• _TASK TO CARRY OUT_
Could you find each line of the data below that contains the word "stops" and copy those lines?

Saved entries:
-- ===== src/Server/Ending.antt =====
-- The whole end of a worker with real sessions: Worker::Stop, the completions of its cancellations, and
-- the closings of its descriptors.
mod Turns
use yuwibo_server.Prelude.{
  ℕ, ◌-◌, ◌^◌, ◌≡◌, ◌≢◌, refl, sym, ap, ◌∙◌, subst, Bool, true, false, not, ◌&&◌, List, [], ◌∷◌,
  ◌++◌, Option, some, arith, ◌==◌, length_of_ne_nil, get_elem?, get_elem?-set_same, All, inl, inr,
  Outcome, ok, ◌⊎◌,
}
use yuwibo_server.Listener.{recv, recv_cancel}
use yuwibo_server.Tls.{Ssl}
use yuwibo_server.Session.{Uring, Request, Conn, close, on_recv}
use yuwibo_server.Server.{
  Cqe, SessionOps, Entry, Worker, Srv, get_size, set_worker, find_session, set_session,
  with_session, stop_worker, dispatch, handle_completion, run_turn, run,
}
use yuwibo_server.Server.Sessions.{Own, Shared, positive, method, session_ops}
use yuwibo_server.Server.Shutdown.{is_among, Covers, closed, Finishes, shutdown_lem}
use yuwibo_server.Server.Stopping.{stop_requests, stop_worker_lem}
use yuwibo_server.Server.Closing.{
  Ack, reception_ended, cancel_completed, ack_address, ack_checks, addresses, AreDistinct,
  is_settled, is_asked, is_asked-grows, Effect, close-Effect, addresses-set_session,
  All-set_session, find_session-present,
}
use yuwibo_server.Server.Acknowledged.{
  IsStopping, set_session-AllStopping, find_session-canceling, is_settled-same,
}
use yuwibo_server.Server.Ending.Turns.{ack_events, AreOf, Acknowledges, not_empty, run_acks_lem}

module _ (u : Uring) (ssl : Ssl) (W : Type 0) (tls : ssl.State) (unset : ℕ)
    (handle : List ℕ → ℕ → Conn u ssl W → Outcome (Conn u ssl W))
    (free : (q : u.Ring) → (u.get_sqe q).0 ≡ true) where
  abbrev Ops : SessionOps (Shared u.Ring W)
  Ops = session_ops u ssl W tls unset handle

  abbrev Wrk : Type 0
  Wrk = Worker (Own ssl.State) (Shared u.Ring W)

  -- The session is closing, and the close of its descriptor was asked for.
  abbrev pub IsClosing : Wrk → Entry (Own ssl.State) → Type 0
  IsClosing w e = (e.session.closing ≡ true) × (is_asked e.session.fd w.shared.requests ≡ true)

  all-IsClosing :
      (w : Wrk) (es : List (Entry (Own ssl.State)))
      → All (IsStopping [] w.shared.requests) es
      → All (IsClosing w) es
  all-IsClosing w [] all = tt
  all-IsClosing w (e ∷ es) all =
      let now : e.session.closing ≡ true = elim all.0.settled [ inl c ↦ c | inr never ↦ cc ] in
      ((now, all.0.asked now), all-IsClosing w es all.1)

  -- The whole end: Stop, the completions `acks`, and closings of the descriptors `fds`.
  abbrev pub Ends : ℕ → List Ack → List ℕ → Wrk → Srv Ops → Type 0
  Ends i acks fds w v =
      (w₁ : Wrk) × (w₂ : Wrk) × (v₂ : Srv Ops) × (v₃ : Srv Ops) × (used : List ℕ) × (unused : List
        ℕ)
      × (stop_worker Ops false w ≡ ok w₁)
      × (run Ops i (ack_events acks) (set_worker i w₁ v) ≡ ok (false, v₂))
      × (get_elem? v₂.workers i ≡ some w₂)
      × All (IsClosing w₂) w₂.sessions
      × (fds ≡ used ++ unused)
      × (run Ops i (closed used) v₂ ≡ ok (false, v₃))
      × Finishes Ops i w₂ v₃

  -- A session before Stop: a close that has begun was asked for, and one of the completions to come
  -- lets the session close.
  abbrev pub IsReady : List Ack → List Request → Entry (Own ssl.State) → Type 0
  IsReady acks rs e =
      (e.session.closing ≡ true → is_asked e.session.fd rs ≡ true)
      × ((e.session.closing ≡ true) ⊎ (is_settled acks e ≡ true))

  IsReady-still :
      (acks : List Ack) (rs : List Request) (e : Entry (Own ssl.State))
      → IsReady acks rs e
      → IsReady acks rs (record e { session = record e.session { canceling = true } })
  IsReady-still acks rs e h = (
    h.0,
    elim h.1 [
      | inl c ↦ inl c
      | inr comes ↦
          inr (is_settled-same acks e (record e.session { canceling = true }) refl ∙ comes)
    ],
  )

  IsReady-later :
      (acks : List Ack) (rs ss : List Request) (es : List (Entry (Own ssl.State)))
      → All (IsReady acks rs) es
      → All (IsReady acks (rs ++ ss)) es
  IsReady-later acks rs ss [] all = tt
  IsReady-later acks rs ss (e ∷ es) all = (
    (λ c. is_asked-grows e.session.fd rs ss (all.0.0 c), all.0.1),
    IsReady-later acks rs ss es all.1,
  )

  all-IsStopping :
      (acks : List Ack) (rs : List Request) (es : List (Entry (Own ssl.State)))
      → All (λ e. e.session.canceling ≡ true) es
      → All (IsReady acks rs) es
      → All (IsStopping acks rs) es
  all-IsStopping acks rs [] c r = tt
  all-IsStopping acks rs (e ∷ es) c r = (
    record { canceling = c.0; asked = r.0.0; settled = r.0.1 },
    all-IsStopping acks rs es c.1 r.1,
  )

  -- Let a server be stopped, its ring always have an entry, and a worker have sessions, each
  -- object at its own address, whose closes, if begun, were asked for. Worker::Stop returns. After
  -- it, let receptions of the worker's sessions end with ECANCELED and cancellations complete, in
  -- any order and number, so that each session that is not closing yet has a reception that ended,
  -- or has a cancellation that completed and sends nothing. Then every session is closing and the
  -- close of its descriptor was asked for. After that, the completions of the closes, in any
  -- order, lead within them to a worker without sessions, which has asked for one completion more,
  -- and the next completion that carries a context ends its loop.
  pub worker-Ends :
      (i : ℕ) (acks : List Ack) (fds : List ℕ) (w : Wrk) (v : Srv Ops)
      → v.running ≡ false
      → get_elem? v.workers i ≡ some w
      → w.sessions ≢ []
      → AreDistinct (addresses w.sessions)
      → Covers fds w.sessions
      → AreOf (addresses w.sessions) acks
      → All (IsReady acks w.shared.requests) w.sessions
      → Ends i acks fds w v
  worker-Ends i acks fds w v stopped here some_left distinct covers present ready =
      let (w₁, stops, canceling, len, asks, same, keeps) =
        stop_worker_lem u ssl W tls unset handle free w in
      let grown = all-IsStopping acks w₁.shared.requests w₁.sessions canceling (
        keeps (IsReady acks w₁.shared.requests) (IsReady-still acks w₁.shared.requests) (
          subst (λ rs. All (IsReady acks rs) w.sessions) (sym asks)
            (IsReady-later acks w.shared.requests (stop_requests w.sessions) w.sessions ready))) in
      let (w₂, v₂, runs, there, running, left, known, still) =
        run_acks_lem u ssl W tls unset handle free i acks w₁ (set_worker i w₁ v)
          (get_elem?-set_same v.workers i w w₁ here)
          (not_empty u ssl W tls unset handle free w.sessions w₁.sessions same some_left)
          (subst AreDistinct (sym same) distinct) (subst (λ ns. AreOf ns acks) (sym same) present)
          grown in
      let (used, unused, v₃, split, closes, finishes) =
        shutdown_lem Ops i fds w₂ v₂ (running ∙ stopped) there left
          (still fds (keeps (λ e. is_among e.fd fds ≡ true) (λ e h. h) covers)) in
      (
        w₁,
        w₂,
        v₂,
        v₃,
        used,
        unused,
        stops,
        runs,
        there,
        all-IsClosing w₂ w₂.sessions known,
        split,
        closes,
        finishes,
      )
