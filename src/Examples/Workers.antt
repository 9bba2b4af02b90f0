-- ===== src/Examples/Workers.antt =====
-- Runs of the listener, and of two workers over sessions that only count what they are told.
use yuwibo_server.Prelude.{
  inr, Outcome, ℕ, ◌+◌, ◌≤◌, ◌≡◌, refl, Bool, true, false, List, [], ◌∷◌, Option, none, some,
  get_elem?, ok,
}
use yuwibo_server.Listener.{session_close, worker_stop}
use yuwibo_server.Session.{Uring, Conn}
use yuwibo_server.Server.Sessions.{Own, Shared, new_session, session_ops}
use yuwibo_server.Examples.Wire.{pipe}
use yuwibo_server.Server.{
  Srv, Cqe, SessionOps, Worker, Server, get_size, get_random_worker, get_random_ring,
  remove_session, stop_sqe, dispatch, handle_completion, run_turn, run,
}
use yuwibo_server.Server.Closing.{Ack, reception_ended, cancel_completed}
use yuwibo_server.Server.Ending.{Ends, worker-Ends}
use yuwibo_server.Server.Lifecycle.{get_random_ring_lem, IsDone, run-IsDone}

abbrev pub counting : SessionOps ℕ
counting = record {
  S = Bool;
  new_session = λ fd. false;
  strat = λ s n. ok (s, n + 1);
  on_recv = λ res id s n. ok (s, n + 1);
  on_send = λ res s n. ok (s, n + 1);
  close = λ checks s n. ok (true, n + 1);
  start_close = λ submits s n. ok (true, n + 1);
  submit = λ n. n;
  stop_nop = λ n. n + 1;
}

abbrev pub busy : Worker Bool ℕ
busy = record { sessions = record { fd = 7; address = 0; session = false } ∷ []; shared = 0 }

abbrev idle : Worker Bool ℕ
idle = record { sessions = []; shared = 0 }

get_random_ring_lem_example :
    (k : ℕ) × (w : Worker Bool ℕ) × (get_random_worker 0 1 (busy ∷ idle ∷ []) ≡ ok k)
    × (get_elem? (busy ∷ idle ∷ []) k ≡ some w)
    × (get_random_ring 0 1 (busy ∷ idle ∷ []) ≡ ok w.shared)
    × (get_size w ≤ 1)
    × (get_size w ≤ 0)
get_random_ring_lem_example = get_random_ring_lem 0 1 (busy ∷ idle ∷ []) busy idle refl refl

abbrev pub stopping : Server Bool ℕ
stopping = record {
  workers = busy ∷ idle ∷ [];
  running = false;
  listener_running = false;
  next = 1;
}

abbrev stopped : Server Bool ℕ
stopped = record stopping { workers = record { sessions = []; shared = 1 } ∷ idle ∷ [] }

-- The session's descriptor is closed, and then the worker's own request completes.
abbrev events : List (Option (ℕ × ℕ × Cqe))
events =
    some (0, 0, record { user_data = some (session_close 7); res = 0; flags = 0 })
    ∷ none
    ∷ some (0, 0, record { user_data = some worker_stop; res = 0; flags = 0 })
    ∷ []

events-stop : run counting 0 events stopping ≡ ok (true, stopped)
unfolding run run_turn handle_completion dispatch remove_session stop_sqe
events-stop = refl

run-IsDone_example : IsDone counting 0 stopped
run-IsDone_example = run-IsDone counting 0 events stopping stopped events-stop

-- A ring that always has an entry, and a worker with one connection.
abbrev endless : Uring
endless = record { Ring = Unit {0}; get_sqe = λ q. (true, q); submit = λ q. q }

abbrev nothing_done :
    List ℕ → ℕ → Conn endless pipe (Unit {0}) → Outcome (Conn endless pipe (Unit {0}))
nothing_done memory len c = ok c

abbrev connected : Worker (Own pipe.State) (Shared endless.Ring (Unit {0}))
connected = record {
  sessions =
      record { fd = 7; address = 0; session = new_session endless pipe (Unit {0}) ([], []) 0 7 }
      ∷ [];
  shared = record { ring = tt; requests = []; pool = []; lobby = tt };
}

-- Two connections: the reception of the second ends, and the cancellations complete.
abbrev two_connected : Worker (Own pipe.State) (Shared endless.Ring (Unit {0}))
two_connected = record connected {
  sessions =
      record { fd = 7; address = 0; session = new_session endless pipe (Unit {0}) ([], []) 0 7 }
      ∷ record { fd = 8; address = 1; session = new_session endless pipe (Unit {0}) ([], []) 0 8 }
      ∷ [];
}

abbrev two_acks : List Ack
two_acks = reception_ended 1 ∷ cancel_completed 0 ∷ cancel_completed 1 ∷ []

abbrev two_stopping : Srv (session_ops endless pipe (Unit {0}) ([], []) 0 nothing_done)
two_stopping = record {
  workers = two_connected ∷ [];
  running = false;
  listener_running = false;
  next = 2;
}

worker-Ends_example :
    Ends endless pipe
      (Unit {0})
      ([], [])
      0
      nothing_done
      (λ q. refl)
      0
      two_acks
      (8 ∷ 7 ∷ [])
      two_connected
      two_stopping
unfolding new_session
worker-Ends_example =
    worker-Ends endless pipe (Unit {0}) ([], []) 0 nothing_done (λ q. refl) 0 two_acks (8 ∷ 7 ∷ [])
      two_connected two_stopping refl refl (λ e. cc) (refl, (refl, tt)) (refl, (refl, tt))
      (refl, (refl, (refl, tt))) (((λ c. cc), inr refl), (((λ c. cc), inr refl), tt))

• _TASK OUTPUT_
      let (w₁, stops, canceling, len, asks, same, keeps) =
        stops,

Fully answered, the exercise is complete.